Il Consiglio di Amministrazione stabilisce tutte le altre norme necessarie alla regolare amministrazione dell’Ente e la gestione del suo patrimonio. Esercita tutte le altre attività demandategli dalla legge.

Art. 23.

I revisori esaminano il bilancio preventivo dell’Ente ed il conto consuntivo, compresi i bilanci preventivi ed i conti consuntivi delle Province, ed esercitano tutte le verifiche ritenute necessarie per assicurarsi del regolare andamento della gestione.

I Revisori intervengono con voto consultivo a tutte le adunanze della Commissione Nazionale in sede di Consiglio di Amministrazione.

L’assistenza ai profughi indigenti

Art. 24

Agli effetti dell’assistenza sono equiparati ai profughi sfollati:

a)      coloro che provengono dalle Province invase dal nemico, perché sinistrati o per timore giustificato di danno e rappresaglie, ovvero per ordine dell’autorità militare;

b)      coloro i quali, trovandosi temporaneamente al di fuori della loro residenza abituale in terra invasa sono rimasti nelle terre non occupate, privi di reddito o di aiuto;

c)      coloro che, pur risiedendo abitualmente nelle terre non occupate tuttavia traevano i loro mezzi di sussistenza dalle rendite di patrimoni esistenti nelle terre invase;

d)      i nativi delle terre invase che traevano i loro mezzi di sussistenza da parenti militari o impiegati, che per ragioni di servizio si trovano attualmente nelle terre invase.

Art. 25

Le modalità delle domande di assistenza, le caratteristiche del libretto di profugo e tutte le altre norme per la procedura e l’attuazione dell’assistenza ai profughi sono stabilite dalla Direzione Generale dell’Ente, in conformità alle deliberazioni prese dal Consiglio di Amministrazione.

Art. 26

Colui che, rientrando in una delle categorie di cui al precedente articolo 24 chiede assistenza all’Ente deve dare la prova della sua condizione di profugo e dello stato di disagio in cui versa.

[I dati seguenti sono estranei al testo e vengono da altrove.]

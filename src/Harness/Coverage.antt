-- ===== src/Harness/Coverage.antt =====
-- runtime/vader_test.c: the tables of functions and the exit code.
use vader_langue.Prelude.{
  ℕ, suc, ◌+◌, ◌≡◌, ◌≤◌, ◌<◌, refl, ap, ◌∙◌, arith, Bool, true, false, ◌&&◌, ◌||◌, List, [], ◌∷◌,
  ◌++◌, Bytes, bytes_eq, ltb, if◌then◌else◌, length, lt→ltb, ltb→lt, sym, bytes_eq_iff,
  length-append, Bool-cases, inl, inr,
}
use vader_langue.Harness.{
  cov_max, known, cov_add, Tally, cov, cov_calls, report_one, test_run, summary, run_all,
}

-- A table after the calls with these names.
unfoldable pub add_all : List Bytes → List Bytes → List Bytes
add_all table [] = table
add_all table (fn ∷ calls) = add_all (cov_add table fn) calls

-- No name stands twice.
abbrev pub Distinct : List Bytes → Type 0
Distinct [] = Unit
Distinct (x ∷ table) = (known table x ≡ false) × Distinct table

known-append : (s t : List Bytes) (n : Bytes) → known (s ++ t) n ≡ (known s n || known t n)
unfolding known
known-append [] t n = refl
known-append (x ∷ s) t n = ground (arith, known-append s t n)

known_one : (fn n : Bytes) → known (fn ∷ []) n ≡ bytes_eq fn n
unfolding known
known_one fn n = ground arith

-- A name that is known already adds nothing.
absorb :
    (table : List Bytes) (fn n : Bytes)
    → known table fn ≡ true
    → known table n ≡ (known table n || bytes_eq fn n)
absorb table fn n h = elim (Bool-cases (bytes_eq fn n)) [
  | inl e ↦ same (bytes_eq fn n) (ap (known table) (sym ((bytes_eq_iff fn n).0 e)) ∙ h)
  | inr e ↦ rw e (or_false (known table n))
]
  where
    or_false : (b : Bool) → b ≡ (b || false)
    or_false b = ground arith

    same : (b : Bool) → known table n ≡ true → known table n ≡ (known table n || b)
    same b k = rw k

known-cov_add :
    (table : List Bytes) (fn n : Bytes)
    → length table < cov_max
    → known (cov_add table fn) n ≡ (known table n || bytes_eq fn n)
unfolding cov_add
known-cov_add table fn n h = elim (Bool-cases (known table fn)) [
  | inl e ↦ rw e (absorb table fn n e)
  | inr e ↦
      rw (e, lt→ltb (length table) cov_max h)
        (known-append table (fn ∷ []) n ∙ ap (λ b. known table n || b) (known_one fn n))
]

length-cov_add : (table : List Bytes) (fn : Bytes) → length table ≤ length (cov_add table fn)
unfolding cov_add
length-cov_add table fn = elim (Bool-cases (known table fn)) [
  | inl e ↦ rw e (omega arith)
  | inr e ↦ elim (Bool-cases (ltb (length table) cov_max)) [
    | inl h ↦ rw (e, h) (omega (arith, length-append table (fn ∷ [])))
    | inr h ↦ rw (e, h) (omega arith)
  ]
]

length-add_all : (table calls : List Bytes) → length table ≤ length (add_all table calls)
unfolding add_all
length-add_all table [] = omega arith
length-add_all table (fn ∷ calls) =
    omega (arith, length-cov_add table fn, length-add_all (cov_add table fn) calls)

or_nil : (b : Bool) (n : Bytes) → b ≡ (b || known [] n)
unfolding known
or_nil b n = ground arith

or_cons :
    (b : Bool) (fn : Bytes) (calls : List Bytes) (n : Bytes)
    → ((b || bytes_eq fn n) || known calls n) ≡ (b || known (fn ∷ calls) n)
unfolding known
or_cons b fn calls n = ground arith

known-add_all_from :
    (table calls : List Bytes) (n : Bytes)
    → length (add_all table calls) < cov_max
    → known (add_all table calls) n ≡ (known table n || known calls n)
unfolding add_all
known-add_all_from table [] n h = or_nil (known table n) n
known-add_all_from table (fn ∷ calls) n h =
    known-add_all_from (cov_add table fn) calls n h
    ∙ ap (λ b. b || known calls n)
        (known-cov_add table fn n
          (omega (arith, length-cov_add table fn, length-add_all (cov_add table fn) calls)))
    ∙ or_cons (known table n) fn calls n

-- While a table is not full, it holds exactly the names that were called.
pub known-add_all :
    (calls : List Bytes) (n : Bytes)
    → length (add_all [] calls) < cov_max
    → known (add_all [] calls) n ≡ known calls n
known-add_all calls n h = unfold known in known-add_all_from [] calls n h

bytes_eq-sym : (a b : Bytes) → bytes_eq a b ≡ false → bytes_eq b a ≡ false
bytes_eq-sym a b h = elim (Bool-cases (bytes_eq b a)) [
  | inl e ↦ cc (h, (bytes_eq_iff b a).0 e)
  | inr e ↦ e
]

or-false : (a b : Bool) → (a || b) ≡ false → (a ≡ false) × (b ≡ false)
or-false a b h = ground arith

Distinct-append :
    (table : List Bytes) (fn : Bytes)
    → Distinct table
    → known table fn ≡ false
    → Distinct (table ++ fn ∷ [])
Distinct-append [] fn d h = (unfold known in refl, _)
Distinct-append (x ∷ table) fn d h =
    let split = or-false (bytes_eq x fn) (known table fn) (unfold known in h) in
    (
      known-append table (fn ∷ []) x
          ∙ ap (λ b. known table x || b) (known_one fn x)
          ∙ rw (d.0, bytes_eq-sym x fn split.0),
      Distinct-append table fn d.1 split.1,
    )

-- A table of at most 8192 different names stays one at every call.
pub cov_add-Distinct :
    (table : List Bytes) (fn : Bytes)
    → Distinct table
    → length table ≤ cov_max
    → Distinct (cov_add table fn) × (length (cov_add table fn) ≤ cov_max)
unfolding cov_add
cov_add-Distinct table fn d h = elim (Bool-cases (known table fn)) [
  | inl e ↦ rw e (d, h)
  | inr e ↦ elim (Bool-cases (ltb (length table) cov_max)) [
    | inl l ↦
        rw (e, l)
          (
            Distinct-append table fn d e,
            omega (arith, ltb→lt (length table) cov_max l, length-append table (fn ∷ [])),
          )
    | inr l ↦ rw (e, l) (d, h)
  ]
]

-- The number of tests that jumped back.
unfoldable pub failures : List (Bool × List Bytes) → ℕ
failures [] = 0
failures ((jumped, calls) ∷ tests) = let rest = failures tests in if jumped then suc rest else rest

failed-cov_calls : (t : Tally) (calls : List Bytes) → (cov_calls t calls).failed ≡ t.failed
unfolding cov_calls
failed-cov_calls t [] = refl
failed-cov_calls t (fn ∷ calls) = failed-cov_calls (cov t fn) calls

failed-report :
    (t : Tally) (jumped : Bool)
    → (report_one t (test_run jumped)).failed ≡ (if jumped then suc t.failed else t.failed)
unfolding report_one
failed-report t true = omega arith
failed-report t false = refl

failed_all :
    (t : Tally) (tests : List (Bool × List Bytes))
    → (run_all t tests).failed ≡ t.failed + failures tests
unfolding run_all failures
failed_all t [] = omega arith
failed_all t ((true, calls) ∷ tests) = omega (
  arith,
  failed_all (report_one (cov_calls t calls) false) tests,
  failed-report (cov_calls t calls) true,
  failed-cov_calls t calls,
)
failed_all t ((false, calls) ∷ tests) = omega (
  arith,
  failed_all (report_one (cov_calls t calls) true) tests,
  failed-report (cov_calls t calls) false,
  failed-cov_calls t calls,
)

-- From a tally without failures, the exit code after a list of tests is 1 if and only if one of them
-- failed; otherwise it is 2 if the gate is set and the coverage is below its minimum, and 0 if not.
pub summary-run_all :
    (gate : Bool) (below : ℕ → ℕ → Bool) (t : Tally) (tests : List (Bool × List Bytes))
    → t.failed ≡ 0
    → let u = run_all t tests in
      summary gate below u ≡ (
        if ltb 0 (failures tests)
        then 1
        else (if gate && below (length u.hit) (length u.all) then 2 else 0))
unfolding summary
summary-run_all gate below t tests h =
    let e : (run_all t tests).failed ≡ failures tests = failed_all t tests ∙ omega (arith, h) in
    rw e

La domanda viene presentata alla Commissione Provinciale istituita presso la Prefettura. La decisione sulla domanda deve essere immediata.

Art. 27

Alla Commissione Provinciale, in sede di decisione sulla qualifica di profugo, interviene un funzionario della Prefettura designato dal Capo della Provincia.

Art. 28

La Commissione Provinciale, se ritiene fondata la domanda, riconosce al richiedente la qualifica di profugo rilasciandogli il relativo libretto, e se riconosce anche che egli versa in stato di disagio per le contingenze belliche, decide sulla forma ed entità dell’assistenza in relazione alle reali esigenze del profugo e alle possibilità del bilancio delle Province. Contro la decisione della Commissione Provinciale, che nega la qualifica di profugo o la condizione del disagio, l’interessato può ricorrere al Capo della Provincia, che decide con provvedimento definitivo.

Disposizioni varie

Art. 29

Ai fini tributari, l’Ente è parificato all’Amministrazione dello Stato; però per gli atti e documenti posti in essere fra l’Ente e gli assistiti non è dovuta nessuna tassa e imposta.

Art. 30

A richiesta del Presidente della Commissione Provinciale, le Amministrazioni Pubbliche e le Società o Ditte private che esercitano l’industria, il commercio o l’agricoltura sono obbligate ad assumere in servizio i profughi riconosciuti indigenti ed in possesso dell’apposito libretto rilasciato loro dall’Ente, nel limite di un profugo per ogni 10 o frazione di 10 operai od impiegati già in servizio presso dette Amministrazioni, Società o Ditte. Il Capo della Provincia cura l’esecuzione di questa disposizione.

Art. 31

Il Capo della Provincia designa un Commissario scelto tra i funzionari della P.S., cui sono deferiti i poteri di requisizione di alloggi per l’ospitalità ai profughi, con effetto immediato, in base alle necessità prospettategli dalle Commissioni Provinciali. Entro cinque giorni dalla notifica del provvedimento Commissariale di requisizione chi si sente leso dal provvedimento stesso, può ricorrere al Capo della Provincia. La decisione del Capo della Provincia è definitiva.

Art. 32

Alle dette dipendenze della Direzione Generale dell’Ente, viene istituito un Ispettorato Femminile, col compito di formulare proposte circa l’assistenza da attuare a favore delle donne e dei bambini profughi: l’Ispettorato è costituito da un’Ispettrice Generale e da quattro ispettrici, e può avere un Ufficio di Segreteria.

Art. 33

Presso ciascuna Commissione Provinciale sono costituiti dei Comitati di cittadine, che, recandosi presso le famiglie profughe, si rendano conto della situazione delle donne e dei bambini e la rappresentino alla stessa Commissione Provinciale, per ottenere l’assistenza materiale e morale in base alle direttive dell’Ispettorato femminile e dell’Ente.

Art. 34

Nella prima applicazione del decreto istitutivo dell’Ente e del relativo Regolamento, è in facoltà del Presidente dell’Ente, agli effetti dell’inquadramento del personale, di prescindere dal titolo di studio previsto dalla tabella di cui all’allegato A.

Art. 35

Il presente decreto ha effetto dal giorno successivo a quello della sua pubblicazione. Il presente decreto verrà pubblicato nella Gazzetta Ufficiale e dovrà essere inserito, munito del sigillo dello Stato, nella Raccolta Ufficiale delle Leggi e dei Decreti.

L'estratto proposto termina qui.